> [EXERCISE DESCRIPTION]
The answer is a single number: the count of lines below in which the word "verifying" appears.
BEGIN DATA TO EXAMINE
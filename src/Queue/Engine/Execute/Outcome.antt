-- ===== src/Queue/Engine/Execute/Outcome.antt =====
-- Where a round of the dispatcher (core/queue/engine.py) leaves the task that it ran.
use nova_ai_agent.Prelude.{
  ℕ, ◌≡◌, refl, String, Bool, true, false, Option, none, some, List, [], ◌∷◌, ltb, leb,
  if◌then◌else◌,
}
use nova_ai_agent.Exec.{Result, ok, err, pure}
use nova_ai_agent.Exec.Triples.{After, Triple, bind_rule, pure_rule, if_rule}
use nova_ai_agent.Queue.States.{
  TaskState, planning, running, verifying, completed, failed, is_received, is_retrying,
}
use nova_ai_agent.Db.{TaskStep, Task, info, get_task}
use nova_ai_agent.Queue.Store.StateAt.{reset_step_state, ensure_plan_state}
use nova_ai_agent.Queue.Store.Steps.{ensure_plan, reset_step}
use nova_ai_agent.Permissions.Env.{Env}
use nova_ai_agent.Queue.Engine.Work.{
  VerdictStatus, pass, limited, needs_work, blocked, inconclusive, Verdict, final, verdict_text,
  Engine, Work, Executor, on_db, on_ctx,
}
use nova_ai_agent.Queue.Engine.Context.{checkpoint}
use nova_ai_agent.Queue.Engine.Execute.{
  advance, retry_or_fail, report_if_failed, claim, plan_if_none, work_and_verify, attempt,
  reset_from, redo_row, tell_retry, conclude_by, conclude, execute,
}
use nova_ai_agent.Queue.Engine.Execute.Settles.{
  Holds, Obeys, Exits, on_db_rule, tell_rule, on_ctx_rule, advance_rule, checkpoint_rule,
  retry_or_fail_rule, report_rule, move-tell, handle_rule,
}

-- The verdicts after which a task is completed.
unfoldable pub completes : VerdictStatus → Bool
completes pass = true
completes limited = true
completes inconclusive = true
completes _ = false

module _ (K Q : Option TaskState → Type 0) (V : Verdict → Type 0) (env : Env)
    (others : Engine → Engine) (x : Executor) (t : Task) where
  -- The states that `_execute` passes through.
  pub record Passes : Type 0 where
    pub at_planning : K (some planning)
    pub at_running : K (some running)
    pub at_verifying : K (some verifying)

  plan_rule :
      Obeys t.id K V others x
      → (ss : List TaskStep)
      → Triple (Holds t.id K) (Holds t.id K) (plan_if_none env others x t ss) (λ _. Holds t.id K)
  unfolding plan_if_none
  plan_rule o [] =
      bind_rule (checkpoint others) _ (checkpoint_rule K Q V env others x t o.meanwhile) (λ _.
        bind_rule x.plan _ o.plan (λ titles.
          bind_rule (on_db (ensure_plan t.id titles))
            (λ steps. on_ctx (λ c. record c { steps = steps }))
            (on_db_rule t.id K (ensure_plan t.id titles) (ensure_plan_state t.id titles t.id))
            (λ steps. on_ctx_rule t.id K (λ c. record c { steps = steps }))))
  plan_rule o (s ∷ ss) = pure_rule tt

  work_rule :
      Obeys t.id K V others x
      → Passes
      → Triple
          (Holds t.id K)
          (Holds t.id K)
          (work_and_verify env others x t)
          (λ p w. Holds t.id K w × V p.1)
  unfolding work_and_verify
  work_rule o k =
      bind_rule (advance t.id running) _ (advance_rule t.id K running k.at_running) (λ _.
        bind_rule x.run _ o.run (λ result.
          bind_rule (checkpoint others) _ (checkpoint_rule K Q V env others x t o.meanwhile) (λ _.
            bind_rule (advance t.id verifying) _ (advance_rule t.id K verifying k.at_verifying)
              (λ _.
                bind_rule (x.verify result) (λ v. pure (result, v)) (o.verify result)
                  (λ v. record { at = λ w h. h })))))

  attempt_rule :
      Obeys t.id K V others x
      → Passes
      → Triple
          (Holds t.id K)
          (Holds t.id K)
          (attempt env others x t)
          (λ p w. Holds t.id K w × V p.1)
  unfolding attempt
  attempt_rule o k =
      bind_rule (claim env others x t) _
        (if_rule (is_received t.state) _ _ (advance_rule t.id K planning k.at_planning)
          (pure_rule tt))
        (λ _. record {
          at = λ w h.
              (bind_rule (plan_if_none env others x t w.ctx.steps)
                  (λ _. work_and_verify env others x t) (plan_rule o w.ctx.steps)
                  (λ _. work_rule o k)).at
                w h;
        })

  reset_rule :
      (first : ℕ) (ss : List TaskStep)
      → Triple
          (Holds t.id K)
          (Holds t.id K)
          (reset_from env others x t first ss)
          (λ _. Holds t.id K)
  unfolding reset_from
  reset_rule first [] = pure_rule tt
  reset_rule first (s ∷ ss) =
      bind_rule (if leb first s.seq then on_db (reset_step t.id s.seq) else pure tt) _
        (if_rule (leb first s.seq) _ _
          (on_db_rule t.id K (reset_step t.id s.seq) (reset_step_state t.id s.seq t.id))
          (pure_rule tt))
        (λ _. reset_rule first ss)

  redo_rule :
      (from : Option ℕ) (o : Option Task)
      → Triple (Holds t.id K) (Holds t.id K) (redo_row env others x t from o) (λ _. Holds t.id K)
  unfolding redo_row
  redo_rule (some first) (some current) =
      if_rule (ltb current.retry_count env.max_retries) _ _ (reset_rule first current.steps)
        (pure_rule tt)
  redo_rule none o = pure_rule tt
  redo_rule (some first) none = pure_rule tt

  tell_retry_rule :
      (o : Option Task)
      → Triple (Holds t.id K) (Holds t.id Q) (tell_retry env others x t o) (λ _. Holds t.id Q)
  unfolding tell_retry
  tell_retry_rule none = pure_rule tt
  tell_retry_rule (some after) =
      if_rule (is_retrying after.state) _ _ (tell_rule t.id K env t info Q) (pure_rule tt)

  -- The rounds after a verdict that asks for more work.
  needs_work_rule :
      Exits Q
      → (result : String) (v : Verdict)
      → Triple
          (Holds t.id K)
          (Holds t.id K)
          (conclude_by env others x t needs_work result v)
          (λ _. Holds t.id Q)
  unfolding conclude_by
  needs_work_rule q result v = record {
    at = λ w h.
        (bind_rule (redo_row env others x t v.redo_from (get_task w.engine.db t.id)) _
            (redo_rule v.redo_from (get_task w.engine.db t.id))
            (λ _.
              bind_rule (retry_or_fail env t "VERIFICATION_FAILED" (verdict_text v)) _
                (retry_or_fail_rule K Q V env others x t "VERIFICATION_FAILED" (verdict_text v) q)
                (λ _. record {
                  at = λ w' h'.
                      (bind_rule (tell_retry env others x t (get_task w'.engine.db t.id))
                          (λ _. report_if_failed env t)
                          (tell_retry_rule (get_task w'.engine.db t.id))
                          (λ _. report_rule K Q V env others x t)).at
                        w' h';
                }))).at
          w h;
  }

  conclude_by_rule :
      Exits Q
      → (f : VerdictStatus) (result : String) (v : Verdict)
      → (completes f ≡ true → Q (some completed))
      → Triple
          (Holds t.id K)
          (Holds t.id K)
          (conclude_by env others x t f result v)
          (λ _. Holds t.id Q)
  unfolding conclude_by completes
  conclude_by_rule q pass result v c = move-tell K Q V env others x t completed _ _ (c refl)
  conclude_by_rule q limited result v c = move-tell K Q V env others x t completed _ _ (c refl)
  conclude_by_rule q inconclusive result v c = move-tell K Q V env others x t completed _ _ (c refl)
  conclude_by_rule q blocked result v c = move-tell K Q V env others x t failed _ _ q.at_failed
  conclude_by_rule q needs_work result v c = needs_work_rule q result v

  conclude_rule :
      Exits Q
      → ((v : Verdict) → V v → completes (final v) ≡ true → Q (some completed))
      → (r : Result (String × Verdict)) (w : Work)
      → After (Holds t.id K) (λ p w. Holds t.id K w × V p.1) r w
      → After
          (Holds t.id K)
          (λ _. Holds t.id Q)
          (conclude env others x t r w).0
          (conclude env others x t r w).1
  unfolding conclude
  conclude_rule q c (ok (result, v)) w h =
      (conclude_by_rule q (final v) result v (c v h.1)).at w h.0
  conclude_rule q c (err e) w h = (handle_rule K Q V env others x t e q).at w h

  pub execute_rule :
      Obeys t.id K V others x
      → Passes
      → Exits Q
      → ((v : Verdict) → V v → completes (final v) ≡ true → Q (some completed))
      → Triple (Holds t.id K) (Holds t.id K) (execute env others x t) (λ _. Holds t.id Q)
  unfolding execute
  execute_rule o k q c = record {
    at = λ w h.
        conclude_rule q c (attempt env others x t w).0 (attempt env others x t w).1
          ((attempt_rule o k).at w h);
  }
END DATA TO EXAMINE
> [ANSWER]
3